Extracted information Block Start
-- ===== src/Reference/Callbacks.antt =====
-- The callbacks of the reference query as functions of the attributes.
use libmio.Base.{
  ◌+◌, ◌≡◌, refl, String, List, Option, none, some, add_last, str_eq, if◌then◌else◌, ◌>>=◌,
}
use libmio.Xml.{Attrs, attribute, Distinct}
use libmio.Xml.Scan.{scan, apply_to, member-scan}
use libmio.Meta.{unknown}
use libmio.Response.{Response, ResponseType, PacketType, on_packet}
use libmio.Response.Errors.{noted, xml_error_handler-noted}
use libmio.Handlers.Visit.{Visitor, Agrees, >>=-cong}
use libmio.Reference.{
  Reference, unkown, reference_new, type_of, meta_type_of, reference_attribute,
  start_references_query, references_reader,
}

-- What the scan over the attributes of a `reference` element yields.
abbrev pub received : (String → Option String) → Reference
received a = record {
  type = apply_to type_of unkown (a "type");
  node = apply_to (λ v _. some v) none (a "node");
  name = apply_to (λ v _. some v) none (a "name");
  meta_type = apply_to meta_type_of unknown (a "metaType");
}

scan-received :
    (attrs : Attrs)
    → Distinct attrs
    → scan reference_attribute reference_new attrs ≡ received (λ k. attribute k attrs)
scan-received attrs once =
    let t =
      member-scan reference_attribute (λ r. r.type) "type" type_of (λ _ _ _. refl) attrs
        reference_new once in
    let n =
      member-scan reference_attribute (λ r. r.node) "node" (λ v _. some v) (λ _ _ _. refl) attrs
        reference_new once in
    let m =
      member-scan reference_attribute (λ r. r.name) "name" (λ v _. some v) (λ _ _ _. refl) attrs
        reference_new once in
    let k =
      member-scan reference_attribute (λ r. r.meta_type) "metaType" meta_type_of (λ _ _ _. refl)
        attrs reference_new once in
    λ i. record { type = t i; node = n i; name = m i; meta_type = k i }

-- The reader, as a function of the attributes.
abbrev pub visitor : Visitor (Response (List Reference))
visitor = record {
  enter = λ response _ _ name a.
      let with_items =
        if str_eq name "items"
        then on_packet (record response { response_type = ResponseType.packet })
            (λ p. record p { type = PacketType.references })
        else some response in
      with_items >>= λ r.
      if str_eq name "reference"
      then on_packet r (λ p. record p {
        num_payloads = p.num_payloads + 1;
        payload = add_last p.payload (received a);
      })
      else if str_eq name "error"
      then some (noted a r)
      else some r;
  on_text = λ s _ _. some s;
}

pub references_reader-visitor : Agrees references_reader visitor
unfolding start_references_query
references_reader-visitor = record {
  plain = refl;
  at_start = λ s prev around n attrs once.
      let with_items =
        if str_eq n "items"
        then on_packet (record s { response_type = ResponseType.packet })
            (λ p. record p { type = PacketType.references })
        else some s in
      >>=-cong with_items
        (λ r. rw (scan-received attrs once, xml_error_handler-noted attrs r once));
  at_chars = λ _ _ _. refl;
}
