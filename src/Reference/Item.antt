-- ===== src/Reference/Item.antt =====
-- The walk over the item of a list of references.
use libmio.Handlers.{ElementName}
use mathlib.Core.Option.{some-injective}
use mathlib.Core.List.{append-nil, append_assoc}
use libmio.Base.{
  ◌≡◌, refl, ap, sym, subst, ◌∙◌, String, List, [], ◌∷◌, ◌++◌, Option, none, some, add_last-append,
  ◌>>=◌, >>=-eq-some,
}
use libmio.Xml.{Strophe, Tree, Forest, element, nil, cons, snoc, with_child}
use libmio.Xml.Scan.{apply_to}
use libmio.Meta.{MetaType, unknown, device, location, gateway, adapter, agent}
use libmio.Response.{Response, Packet}
use libmio.Response.Payloads.{holding, with_more, with_more-append, nothing_more}
use libmio.Handlers.Visit.{visit, last_name_all, visit_all}
use libmio.Handlers.Snoc.{visit_all-snoc}
use libmio.Reference.Attributes.{overlay, tree-attribute_if_set}
use libmio.Reference.{
  ReferenceType, Reference, unkown, child, parent, type_name, meta_type_name, type_of, meta_type_of,
  reference_to_stanza, add_references, references_to_item, attribute_if_set,
}
use libmio.Reference.Callbacks.{received, visitor}

type_of_name : (t : ReferenceType) (v : String) → type_name t ≡ some v → type_of v unkown ≡ t
type_of_name unkown v e = cc
type_of_name child v e = subst (λ o. apply_to type_of unkown o ≡ child) e refl
type_of_name parent v e = subst (λ o. apply_to type_of unkown o ≡ parent) e refl

meta_type_of_name :
    (t : MetaType) (v : String) → meta_type_name t ≡ some v → meta_type_of v unknown ≡ t
meta_type_of_name unknown v e = subst (λ o. apply_to meta_type_of unknown o ≡ unknown) e refl
meta_type_of_name device v e = subst (λ o. apply_to meta_type_of unknown o ≡ device) e refl
meta_type_of_name location v e = subst (λ o. apply_to meta_type_of unknown o ≡ location) e refl
meta_type_of_name gateway v e = cc
meta_type_of_name adapter v e = cc
meta_type_of_name agent v e = cc

-- The attributes that the loop sets.
abbrev written : (type meta_type : String) → (node name : Option String) → String → Option String
written t m node name =
    overlay "name" name
      (overlay "node" node (overlay "metaType" (some m) (overlay "type" (some t) (λ _. none))))

received-written :
    (t m : String) (node name : Option String)
    → received (written t m node name) ≡ record {
      type = type_of t unkown;
      node = node;
      name = name;
      meta_type = meta_type_of m unknown;
    }
received-written t m none none = refl
received-written t m none (some w) = refl
received-written t m (some v) none = refl
received-written t m (some v) (some w) = refl

module _ (x : Strophe) where
  open x use {
    Stanza, tree, new, set_name, set_attribute, add_child, tree-new, tree-set_name,
    tree-set_attribute, tree-add_child,
  }

  tree-written :
      (t m : String) (node name : Option String)
      → tree (
          attribute_if_set x "name" name (
            attribute_if_set x "node" node
              (set_attribute (set_attribute (set_name new "reference") "type" t) "metaType" m)))
        ≡ element (some "reference") (written t m node name) nil
  tree-written t m node name =
      let plain : tree
            (set_attribute (set_attribute (set_name new "reference") "type" t) "metaType" m)
          ≡ element (some "reference") (written t m none none) nil =
        rw (tree-set_attribute, tree-set_attribute, tree-set_name, tree-new) in
      tree-attribute_if_set x "name" name _ "reference" _ nil
        (tree-attribute_if_set x "node" node _ "reference" _ nil plain)

  tree-reference :
      (r : Reference) (s : Stanza)
      → reference_to_stanza x r ≡ some s
      → (a : String → Option String) × (tree s ≡ element (some "reference") a nil)
        × (received a ≡ r)
  tree-reference r s e =
      let (t, typed, e1) = >>=-eq-some (type_name r.type) _ e in
      let (m, described, e2) = >>=-eq-some (meta_type_name r.meta_type) _ e1 in
      let e3 = tree-written t m r.node r.name in
      (
        written t m r.node r.name,
        subst (λ c. tree c ≡ element (some "reference") (written t m r.node r.name) nil)
            (some-injective _ _ e2) e3,
        received-written t m r.node r.name
            ∙ rw (type_of_name r.type t typed, meta_type_of_name r.meta_type m described),
      )

-- An element whose children the reader appends to the payload as `rs`.
pub record Lists (t : Tree) (rs : List Reference) : Type 0 where
  pub attributes : String → Option String
  pub children : Forest
  pub shape : t ≡ element (some "references") attributes children
  pub runs :
      (around : Option String) (curr : ElementName) (r : Response (List Reference))
      (p : Packet (List Reference))
      → visit_all visitor around curr children (holding r p) ≡ some (holding r (with_more rs p))

visit-reference :
    (around : Option String) (curr : ElementName) (a : String → Option String) (q : Reference)
    (r : Response (List Reference)) (p : Packet (List Reference))
    → received a ≡ q
    → visit visitor around curr (element (some "reference") a nil) (holding r p)
      ≡ some (holding r (with_more (q ∷ []) p))
visit-reference around curr a q r p e = rw (e, add_last-append p.payload q)

Lists-snoc :
    (t : Tree) (rs : List Reference) (a : String → Option String) (q : Reference)
    → Lists t rs
    → received a ≡ q
    → Lists (with_child (element (some "reference") a nil) t) (rs ++ (q ∷ []))
Lists-snoc t rs a q l e = record {
  attributes = l.attributes;
  children = snoc l.children (element (some "reference") a nil);
  shape = ap (with_child (element (some "reference") a nil)) l.shape;
  runs = λ around curr r p.
      visit_all-snoc visitor around curr l.children (element (some "reference") a nil) (holding r p)
      ∙ ap
          (λ m.
            m
            >>= visit visitor around (last_name_all curr l.children)
                (element (some "reference") a nil))
          (l.runs around curr r p)
      ∙ visit-reference around (last_name_all curr l.children) a q r (with_more rs p) e
      ∙ ap (λ w. some (holding r w)) (with_more-append rs (q ∷ []) p);
}

module _ (x : Strophe) where
  open x use {
    Stanza, tree, new, set_name, set_attribute, add_child, tree-new, tree-set_name,
    tree-set_attribute, tree-add_child,
  }

  add_references-Lists :
      (st : Stanza) (done rs : List Reference) (end : Stanza)
      → Lists (tree st) done
      → add_references x st rs ≡ some end
      → Lists (tree end) (done ++ rs)
  add_references-Lists st done [] end l e =
      subst (λ s. Lists (tree s) (done ++ [])) (some-injective _ _ e)
        (subst (Lists (tree st)) (sym (append-nil done)) l)
  add_references-Lists st done (r ∷ rs) end l e =
      let (c, built, e1) = >>=-eq-some (reference_to_stanza x r) _ e in
      let (a, shape, same) = tree-reference x r c built in
      let next : Lists (tree (add_child st c)) (done ++ (r ∷ [])) =
        rw (tree-add_child st c, shape) (Lists-snoc (tree st) done a r l same) in
      subst (Lists (tree end)) (append_assoc done (r ∷ []) rs)
        (add_references-Lists (add_child st c) (done ++ (r ∷ [])) rs end next e1)

  list-Lists : Lists (tree (set_name new "references")) []
  list-Lists = record {
    attributes = λ _. none;
    children = nil;
    shape = rw (tree-set_name, tree-new);
    runs = λ around curr r p. ap (λ w. some (holding r w)) (nothing_more p);
  }

  -- The item has the list as its only child.
  pub tree-item :
      (rs : List Reference) (item : Stanza)
      → references_to_item x rs ≡ some item
      → (t : Tree) × (a : String → Option String) × Lists t rs
        × (tree item ≡ element (some "item") a (cons t nil))
  unfolding references_to_item
  tree-item rs item e =
      let (list, built, e1) = >>=-eq-some (add_references x (set_name new "references") rs) _ e in
      (
        tree list,
        overlay "id" (some "references") (λ _. none),
        add_references-Lists (set_name new "references") [] rs list list-Lists built,
        subst
            (λ s.
              tree s
              ≡ element (some "item") (overlay "id" (some "references") (λ _. none))
                  (cons (tree list) nil))
            (some-injective _ _ e1)
            (rw (tree-add_child, tree-set_attribute, tree-set_name, tree-new)),
      )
Extracted information Block End
▶ What is required
Looking at the records above, how many lines have the word "ReferenceType" in them? State the number only.

▶ Your solution
2